======== DATASET RECORDS ========

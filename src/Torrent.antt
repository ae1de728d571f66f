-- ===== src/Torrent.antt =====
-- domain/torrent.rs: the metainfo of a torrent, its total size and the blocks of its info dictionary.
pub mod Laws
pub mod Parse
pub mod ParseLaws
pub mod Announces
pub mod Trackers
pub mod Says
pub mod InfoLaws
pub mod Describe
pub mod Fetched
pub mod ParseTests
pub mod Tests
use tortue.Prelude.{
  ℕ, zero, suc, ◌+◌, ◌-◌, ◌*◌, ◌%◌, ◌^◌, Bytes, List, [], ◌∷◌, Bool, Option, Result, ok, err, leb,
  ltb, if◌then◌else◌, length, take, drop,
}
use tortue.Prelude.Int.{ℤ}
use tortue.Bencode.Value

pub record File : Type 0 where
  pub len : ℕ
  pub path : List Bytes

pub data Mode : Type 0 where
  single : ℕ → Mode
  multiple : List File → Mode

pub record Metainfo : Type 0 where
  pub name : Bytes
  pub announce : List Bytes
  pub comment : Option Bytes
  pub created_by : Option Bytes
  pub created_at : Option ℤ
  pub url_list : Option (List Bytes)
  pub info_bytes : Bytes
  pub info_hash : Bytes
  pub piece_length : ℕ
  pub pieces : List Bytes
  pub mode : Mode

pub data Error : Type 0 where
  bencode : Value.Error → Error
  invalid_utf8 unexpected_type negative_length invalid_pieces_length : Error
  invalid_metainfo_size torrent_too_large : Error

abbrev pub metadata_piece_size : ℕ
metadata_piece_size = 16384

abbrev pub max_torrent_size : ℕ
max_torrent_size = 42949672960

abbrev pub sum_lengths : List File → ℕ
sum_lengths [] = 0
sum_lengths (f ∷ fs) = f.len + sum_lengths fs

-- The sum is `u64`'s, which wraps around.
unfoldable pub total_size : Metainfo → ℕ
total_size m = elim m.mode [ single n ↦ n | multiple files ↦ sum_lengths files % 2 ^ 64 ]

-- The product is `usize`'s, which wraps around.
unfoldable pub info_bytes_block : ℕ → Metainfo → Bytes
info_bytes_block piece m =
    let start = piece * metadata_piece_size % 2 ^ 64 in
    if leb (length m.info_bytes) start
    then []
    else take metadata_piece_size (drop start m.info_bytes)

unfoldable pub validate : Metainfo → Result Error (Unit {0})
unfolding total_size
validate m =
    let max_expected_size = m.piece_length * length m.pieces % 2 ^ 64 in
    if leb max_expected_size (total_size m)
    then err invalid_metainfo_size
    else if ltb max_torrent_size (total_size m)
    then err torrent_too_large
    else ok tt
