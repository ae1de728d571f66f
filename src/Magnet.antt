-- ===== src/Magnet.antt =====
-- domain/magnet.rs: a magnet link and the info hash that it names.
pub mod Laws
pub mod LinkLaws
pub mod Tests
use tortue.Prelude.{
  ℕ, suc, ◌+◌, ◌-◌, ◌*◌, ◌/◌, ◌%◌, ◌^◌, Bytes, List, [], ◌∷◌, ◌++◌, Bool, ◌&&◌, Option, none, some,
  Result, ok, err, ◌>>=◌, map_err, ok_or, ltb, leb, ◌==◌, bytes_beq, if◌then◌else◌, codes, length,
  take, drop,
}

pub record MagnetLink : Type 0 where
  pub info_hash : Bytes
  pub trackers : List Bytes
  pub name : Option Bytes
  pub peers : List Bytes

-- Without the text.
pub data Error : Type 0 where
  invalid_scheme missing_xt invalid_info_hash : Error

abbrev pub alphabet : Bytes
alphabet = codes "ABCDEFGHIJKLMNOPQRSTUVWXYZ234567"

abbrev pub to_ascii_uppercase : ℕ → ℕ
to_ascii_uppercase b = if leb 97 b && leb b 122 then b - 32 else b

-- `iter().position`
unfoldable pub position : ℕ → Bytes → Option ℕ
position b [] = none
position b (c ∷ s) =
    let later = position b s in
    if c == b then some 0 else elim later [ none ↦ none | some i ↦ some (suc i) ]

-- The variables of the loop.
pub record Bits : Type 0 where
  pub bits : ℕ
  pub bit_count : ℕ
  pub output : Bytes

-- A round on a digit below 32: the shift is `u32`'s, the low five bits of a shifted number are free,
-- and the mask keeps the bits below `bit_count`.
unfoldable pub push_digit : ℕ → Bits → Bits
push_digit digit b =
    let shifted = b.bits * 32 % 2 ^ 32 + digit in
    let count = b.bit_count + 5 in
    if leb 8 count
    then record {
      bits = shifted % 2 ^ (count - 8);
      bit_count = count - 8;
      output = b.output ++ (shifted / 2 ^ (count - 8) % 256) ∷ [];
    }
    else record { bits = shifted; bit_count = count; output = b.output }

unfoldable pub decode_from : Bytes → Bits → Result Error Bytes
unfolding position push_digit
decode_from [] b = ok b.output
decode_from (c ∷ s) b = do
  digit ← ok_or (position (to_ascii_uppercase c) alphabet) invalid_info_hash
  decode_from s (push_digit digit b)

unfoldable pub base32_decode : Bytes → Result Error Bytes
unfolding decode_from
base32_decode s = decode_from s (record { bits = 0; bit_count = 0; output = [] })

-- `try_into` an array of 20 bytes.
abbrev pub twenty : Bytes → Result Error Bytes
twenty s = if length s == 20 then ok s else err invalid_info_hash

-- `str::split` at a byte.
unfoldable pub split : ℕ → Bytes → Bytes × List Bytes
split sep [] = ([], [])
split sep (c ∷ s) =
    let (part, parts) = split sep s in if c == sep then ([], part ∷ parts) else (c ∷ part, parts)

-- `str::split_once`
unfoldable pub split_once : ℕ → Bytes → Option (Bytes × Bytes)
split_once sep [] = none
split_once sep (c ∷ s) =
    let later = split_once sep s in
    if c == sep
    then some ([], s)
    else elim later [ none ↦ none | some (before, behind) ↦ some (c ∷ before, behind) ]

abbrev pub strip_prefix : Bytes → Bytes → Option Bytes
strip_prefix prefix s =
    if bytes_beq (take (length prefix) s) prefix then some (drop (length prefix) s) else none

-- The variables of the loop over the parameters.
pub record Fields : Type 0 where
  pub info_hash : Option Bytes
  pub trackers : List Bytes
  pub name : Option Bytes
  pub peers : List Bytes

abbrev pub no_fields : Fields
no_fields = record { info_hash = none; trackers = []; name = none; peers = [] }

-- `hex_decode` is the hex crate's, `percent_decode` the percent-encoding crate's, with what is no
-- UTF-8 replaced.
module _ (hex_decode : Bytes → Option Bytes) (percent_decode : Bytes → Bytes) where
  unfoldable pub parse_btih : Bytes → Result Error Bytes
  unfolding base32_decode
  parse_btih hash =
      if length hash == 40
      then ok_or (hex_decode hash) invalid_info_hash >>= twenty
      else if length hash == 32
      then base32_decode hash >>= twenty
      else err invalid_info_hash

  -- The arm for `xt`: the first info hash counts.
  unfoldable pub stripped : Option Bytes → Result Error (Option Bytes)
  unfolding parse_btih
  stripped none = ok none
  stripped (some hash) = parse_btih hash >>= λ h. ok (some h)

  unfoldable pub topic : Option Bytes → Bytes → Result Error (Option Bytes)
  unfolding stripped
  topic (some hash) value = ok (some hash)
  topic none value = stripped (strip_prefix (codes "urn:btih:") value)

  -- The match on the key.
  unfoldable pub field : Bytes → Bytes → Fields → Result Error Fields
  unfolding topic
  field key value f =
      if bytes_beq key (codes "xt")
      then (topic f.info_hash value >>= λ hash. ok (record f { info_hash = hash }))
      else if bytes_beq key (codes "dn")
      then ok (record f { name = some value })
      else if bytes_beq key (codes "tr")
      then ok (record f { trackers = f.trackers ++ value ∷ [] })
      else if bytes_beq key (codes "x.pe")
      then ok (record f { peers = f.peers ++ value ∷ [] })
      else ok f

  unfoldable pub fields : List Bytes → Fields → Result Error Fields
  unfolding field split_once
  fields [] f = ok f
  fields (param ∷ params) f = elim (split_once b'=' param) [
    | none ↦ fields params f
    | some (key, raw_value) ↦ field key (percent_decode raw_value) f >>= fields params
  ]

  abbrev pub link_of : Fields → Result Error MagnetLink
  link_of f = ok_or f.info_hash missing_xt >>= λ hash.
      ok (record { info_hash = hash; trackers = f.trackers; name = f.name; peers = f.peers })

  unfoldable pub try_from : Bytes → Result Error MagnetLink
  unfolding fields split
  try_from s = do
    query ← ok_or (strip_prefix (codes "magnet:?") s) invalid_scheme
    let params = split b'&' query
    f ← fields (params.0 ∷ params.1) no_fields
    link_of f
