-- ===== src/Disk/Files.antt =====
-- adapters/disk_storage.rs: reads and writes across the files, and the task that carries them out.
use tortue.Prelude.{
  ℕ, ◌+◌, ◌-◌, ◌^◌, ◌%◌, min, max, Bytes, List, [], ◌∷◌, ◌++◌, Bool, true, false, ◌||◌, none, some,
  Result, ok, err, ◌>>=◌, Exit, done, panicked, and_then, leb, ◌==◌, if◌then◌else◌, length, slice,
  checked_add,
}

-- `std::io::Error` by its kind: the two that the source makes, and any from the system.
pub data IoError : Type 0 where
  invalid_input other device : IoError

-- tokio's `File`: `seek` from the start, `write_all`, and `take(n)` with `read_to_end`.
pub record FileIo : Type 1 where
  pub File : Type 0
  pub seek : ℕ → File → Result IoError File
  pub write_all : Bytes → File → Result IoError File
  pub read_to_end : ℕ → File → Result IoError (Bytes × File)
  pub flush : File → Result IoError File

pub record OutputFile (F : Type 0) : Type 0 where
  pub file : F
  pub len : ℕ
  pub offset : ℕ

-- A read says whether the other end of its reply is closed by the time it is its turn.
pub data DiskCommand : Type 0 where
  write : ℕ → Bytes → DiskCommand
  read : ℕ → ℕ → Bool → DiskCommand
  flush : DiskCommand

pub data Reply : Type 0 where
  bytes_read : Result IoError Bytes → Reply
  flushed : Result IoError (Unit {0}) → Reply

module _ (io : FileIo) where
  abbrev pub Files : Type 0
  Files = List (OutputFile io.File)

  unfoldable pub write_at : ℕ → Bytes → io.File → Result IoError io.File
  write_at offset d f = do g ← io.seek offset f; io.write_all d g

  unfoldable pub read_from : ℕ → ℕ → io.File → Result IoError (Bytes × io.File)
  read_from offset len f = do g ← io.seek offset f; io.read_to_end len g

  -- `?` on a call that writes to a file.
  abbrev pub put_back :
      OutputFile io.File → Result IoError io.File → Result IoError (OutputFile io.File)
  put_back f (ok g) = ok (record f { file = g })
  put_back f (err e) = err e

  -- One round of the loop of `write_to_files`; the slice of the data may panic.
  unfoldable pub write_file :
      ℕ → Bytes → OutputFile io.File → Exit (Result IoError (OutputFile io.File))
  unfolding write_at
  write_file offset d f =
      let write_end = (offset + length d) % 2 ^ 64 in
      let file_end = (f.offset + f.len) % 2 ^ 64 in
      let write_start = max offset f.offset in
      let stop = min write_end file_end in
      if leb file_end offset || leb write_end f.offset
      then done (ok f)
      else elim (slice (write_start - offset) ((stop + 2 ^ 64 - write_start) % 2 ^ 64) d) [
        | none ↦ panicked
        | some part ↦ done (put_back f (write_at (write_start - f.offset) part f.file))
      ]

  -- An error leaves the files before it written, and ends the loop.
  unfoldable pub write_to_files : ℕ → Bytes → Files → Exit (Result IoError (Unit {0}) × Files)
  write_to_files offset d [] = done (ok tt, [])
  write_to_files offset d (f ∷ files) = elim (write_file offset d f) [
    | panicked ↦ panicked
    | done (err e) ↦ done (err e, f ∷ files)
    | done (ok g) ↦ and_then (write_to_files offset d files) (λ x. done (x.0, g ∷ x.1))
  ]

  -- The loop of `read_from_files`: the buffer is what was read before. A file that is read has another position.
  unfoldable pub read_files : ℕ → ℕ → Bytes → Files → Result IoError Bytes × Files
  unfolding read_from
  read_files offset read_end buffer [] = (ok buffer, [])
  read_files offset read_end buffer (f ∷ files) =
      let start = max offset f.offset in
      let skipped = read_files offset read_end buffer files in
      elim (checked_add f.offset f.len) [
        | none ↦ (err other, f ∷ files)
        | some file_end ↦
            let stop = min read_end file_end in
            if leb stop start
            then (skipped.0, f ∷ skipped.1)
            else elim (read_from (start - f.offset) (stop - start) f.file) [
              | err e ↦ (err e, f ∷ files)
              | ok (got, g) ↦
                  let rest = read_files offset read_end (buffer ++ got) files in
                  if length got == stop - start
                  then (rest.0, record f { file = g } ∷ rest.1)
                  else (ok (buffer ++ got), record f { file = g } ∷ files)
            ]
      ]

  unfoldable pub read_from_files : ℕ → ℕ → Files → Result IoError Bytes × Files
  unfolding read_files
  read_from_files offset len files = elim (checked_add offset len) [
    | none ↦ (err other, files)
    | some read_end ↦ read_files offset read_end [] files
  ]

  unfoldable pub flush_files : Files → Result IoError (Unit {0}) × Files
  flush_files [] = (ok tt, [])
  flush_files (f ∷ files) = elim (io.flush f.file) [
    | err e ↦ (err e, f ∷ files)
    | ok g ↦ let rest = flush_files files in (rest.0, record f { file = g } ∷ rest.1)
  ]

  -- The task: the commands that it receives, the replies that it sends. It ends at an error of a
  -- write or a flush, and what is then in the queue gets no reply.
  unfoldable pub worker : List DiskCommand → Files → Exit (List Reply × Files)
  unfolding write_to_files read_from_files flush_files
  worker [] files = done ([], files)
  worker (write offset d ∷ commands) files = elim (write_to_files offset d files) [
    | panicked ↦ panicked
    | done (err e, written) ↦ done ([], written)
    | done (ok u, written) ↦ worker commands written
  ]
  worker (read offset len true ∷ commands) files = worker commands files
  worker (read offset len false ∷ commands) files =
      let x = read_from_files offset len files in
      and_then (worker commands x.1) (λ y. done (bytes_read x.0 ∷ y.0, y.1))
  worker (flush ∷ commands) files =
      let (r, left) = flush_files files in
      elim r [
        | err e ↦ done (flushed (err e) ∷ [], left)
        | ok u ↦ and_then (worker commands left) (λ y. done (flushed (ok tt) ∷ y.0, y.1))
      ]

========

An exact copy of the lines above, from the one containing "unfolding parse_btih" down to the one containing "link_of f = ok_or" and including both, is the whole answer; retype it and nothing else.

  unfolding parse_btih
  stripped none = ok none
  stripped (some hash) = parse_btih hash >>= λ h. ok (some h)

  unfoldable pub topic : Option Bytes → Bytes → Result Error (Option Bytes)
  unfolding stripped
  topic (some hash) value = ok (some hash)
  topic none value = stripped (strip_prefix (codes "urn:btih:") value)

  -- The match on the key.
  unfoldable pub field : Bytes → Bytes → Fields → Result Error Fields
  unfolding topic
  field key value f =
      if bytes_beq key (codes "xt")
      then (topic f.info_hash value >>= λ hash. ok (record f { info_hash = hash }))
      else if bytes_beq key (codes "dn")
      then ok (record f { name = some value })
      else if bytes_beq key (codes "tr")
      then ok (record f { trackers = f.trackers ++ value ∷ [] })
      else if bytes_beq key (codes "x.pe")
      then ok (record f { peers = f.peers ++ value ∷ [] })
      else ok f

  unfoldable pub fields : List Bytes → Fields → Result Error Fields
  unfolding field split_once
  fields [] f = ok f
  fields (param ∷ params) f = elim (split_once b'=' param) [
    | none ↦ fields params f
    | some (key, raw_value) ↦ field key (percent_decode raw_value) f >>= fields params
  ]

  abbrev pub link_of : Fields → Result Error MagnetLink
  link_of f = ok_or f.info_hash missing_xt >>= λ hash.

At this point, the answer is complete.